Der Roman behandelt auf fast tausend Seiten den zunächst unerwarteten, schließlich unaufhaltsamen Niedergang der DDR im Zeitraum von 1982 bis 1989 beinahe wie ein Naturereignis, das allerdings Akteure hat, die sich ihrerseits erst allmählich über ihre Absichten und Erwartungen klar werden.
„Träumen wir also!
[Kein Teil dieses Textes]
-- ===== src/Transaction/Create.antt =====
-- The constructor of DpaTransaction2: the user's timeout is checked and corrected.
use clibdpa.Base.{ℕ, ◌+◌, ◌%◌, Bool, false, ◌&&◌, ◌||◌, not, ◌==◌, if◌then◌else◌}
use clibdpa.Base.Int.{ℤ, pos, ltb_ℤ, eqb_ℤ, to_u32}
use clibdpa.Protocol.{
  pnum_coordinator, pnum_frc, cmd_coordinator_bond_node, cmd_coordinator_discovery,
  cmd_coordinator_authorize_bond, cmd_coordinator_smart_connect, cmd_frc_send,
  cmd_frc_send_selective,
}
use clibdpa.Message.{DpaMessage, peripheral_type, peripheral_command}
use clibdpa.Timing.{RfMode, TimingParams, infinite_timeout, bond_timeout_ms}
use clibdpa.TransactionResult
use clibdpa.Transaction.Types.{Transaction, created, to_coordinator}

-- PNUM is the coordinator's and PCMD is Discovery, Smart connect or Authorize bond.
abbrev pub is_long_coordinator_command : DpaMessage → Bool
is_long_coordinator_command m =
    peripheral_command m == cmd_coordinator_discovery
    || peripheral_command m == cmd_coordinator_smart_connect
    || peripheral_command m == cmd_coordinator_authorize_bond

abbrev pub is_frc_send_command : DpaMessage → Bool
is_frc_send_command m =
    peripheral_command m == cmd_frc_send || peripheral_command m == cmd_frc_send_selective

-- The condition under which a negative timeout becomes infinite.
unfoldable pub forces_infinite : DpaMessage → Bool
forces_infinite m =
    to_coordinator m
    && (peripheral_type m == pnum_coordinator && is_long_coordinator_command m
        || peripheral_type m == pnum_frc && is_frc_send_command m)

-- The condition under which the user's infinite timeout is refused.
unfoldable pub refuses_infinite : DpaMessage → Bool
refuses_infinite m =
    not (to_coordinator m)
    || peripheral_type m == pnum_coordinator && not (is_long_coordinator_command m)
    || peripheral_type m == pnum_frc && not (is_frc_send_command m)

-- `requiredTimeout` and m_infinitTimeout after the first correction.
unfoldable pub correct_timeout : DpaMessage → ℤ → ℤ → ℤ × Bool
unfolding forces_infinite refuses_infinite
correct_timeout m default_timeout user_timeout =
    if ltb_ℤ user_timeout (pos 0)
    then (default_timeout, forces_infinite m)
    else if eqb_ℤ user_timeout (pos infinite_timeout)
    then (default_timeout, not (refuses_infinite m))
    else if ltb_ℤ user_timeout default_timeout
    then (default_timeout, false)
    else (user_timeout, false)

-- The bonding request to the coordinator, without a timeout of the user.
abbrev pub uses_bond_timeout : DpaMessage → ℤ → Bool
uses_bond_timeout m user_timeout =
    peripheral_type m == pnum_coordinator
    && peripheral_command m == cmd_coordinator_bond_node
    && ltb_ℤ user_timeout (pos 0)

-- `requiredTimeout` and m_expectedDurationMs after the special cases for the coordinator.
unfoldable pub coordinator_timeout : DpaMessage → ℤ → ℤ → ℤ → ℤ × ℕ
coordinator_timeout m default_timeout user_timeout required =
    if to_coordinator m
    then (if uses_bond_timeout m user_timeout
        then (pos bond_timeout_ms, to_u32 (pos bond_timeout_ms))
        else if ltb_ℤ default_timeout required
        then (required, to_u32 required)
        else (required, to_u32 default_timeout))
    else (required, to_u32 default_timeout)

-- DpaTransaction2(request, mode, params, defaultTimeout, userTimeout, sender, defaultError). `ids` is
-- the static transactionId before the call, and `now` the clock.
unfoldable pub create : DpaMessage → RfMode → TimingParams → ℤ → ℤ → ℤ → ℕ → ℕ → Transaction
unfolding correct_timeout coordinator_timeout
create request mode params default_timeout user_timeout default_error ids now =
    let result = TransactionResult.new request now in
    let (required, infinite) = correct_timeout result.m_request default_timeout user_timeout in
    let (required', expected) =
      coordinator_timeout result.m_request default_timeout user_timeout required in
    record {
      m_dpa_transaction_result = result;
      m_state = created;
      m_finish = false;
      m_current_communication_mode = mode;
      m_current_timing_params = params;
      m_default_error = default_error;
      m_default_timeout = to_u32 default_timeout;
      m_user_timeout_ms = to_u32 required';
      m_expected_duration_ms = expected;
      m_infinit_timeout = infinite;
      m_hops = pos 0;
      m_timeslot_length = pos 0;
      m_hops_response = pos 0;
      m_transaction_id = (ids + 1) % 4294967296;
    }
Aber unter der Bedingung, ernsthaft an unseren Traum zu glauben, das wirkliche Leben aufs genaueste zu beobachten, unsere Beobachtungen mit unserem Traum zu verbinden, unsere Phantasie gewissenhaft zu verwirklichen“ – wird ausgerechnet Lenin als Prophet einer ungewollten Wende zitiert.
Die Beobachtungsgabe des Autors ist nicht weniger bemerkenswert als seine Formulierungskunst, insbesondere seine Präzision in der Charakterisierung von Stimmungen, Farben, Formen oder Geräuschen. Dass der gebürtige Dresdner Uwe Tellkamp die Schauplätze mit einer Genauigkeit beschreibt, die fast als Stadtkarte dienen könnte, erstaunt ebenso wenig wie die medizinische Sachkunde des gelernten Arztes bei der Beschreibung von Krankenstationen und Operationen. Dagegen verblüfft seine genaue Kenntnis der Funktionsweise eines Panzers wie der Produktionsbedingungen gefährlicher chemischer Substanzen oder der in fast jeder Beziehung monströsen Arbeitsbedingungen im Braunkohleabbau.
Der Leser hat schließlich viel gelernt, das er nicht kannte, oder wiedererkannt, was ihm aus eigener Erfahrung so oder so ähnlich erinnerlich war. Und manche werden von den gewaltigen Veränderungen ähnlich überrascht gewesen sein wie die handelnden Personen dieses Romans, die nach Auskunft seines Autors „mit tatsächlich existierenden Personen soviel gemein haben wie der Bildhauerton mit einer Skulptur“
Das Buch endet am 9. November 1989 mit dem Hinweis auf die Ereignisse am Brandenburger Tor – mit einem Doppelpunkt: als ob die neuen Verhältnisse den Erwartungen genügen könnten, die sie herbeigeführt haben.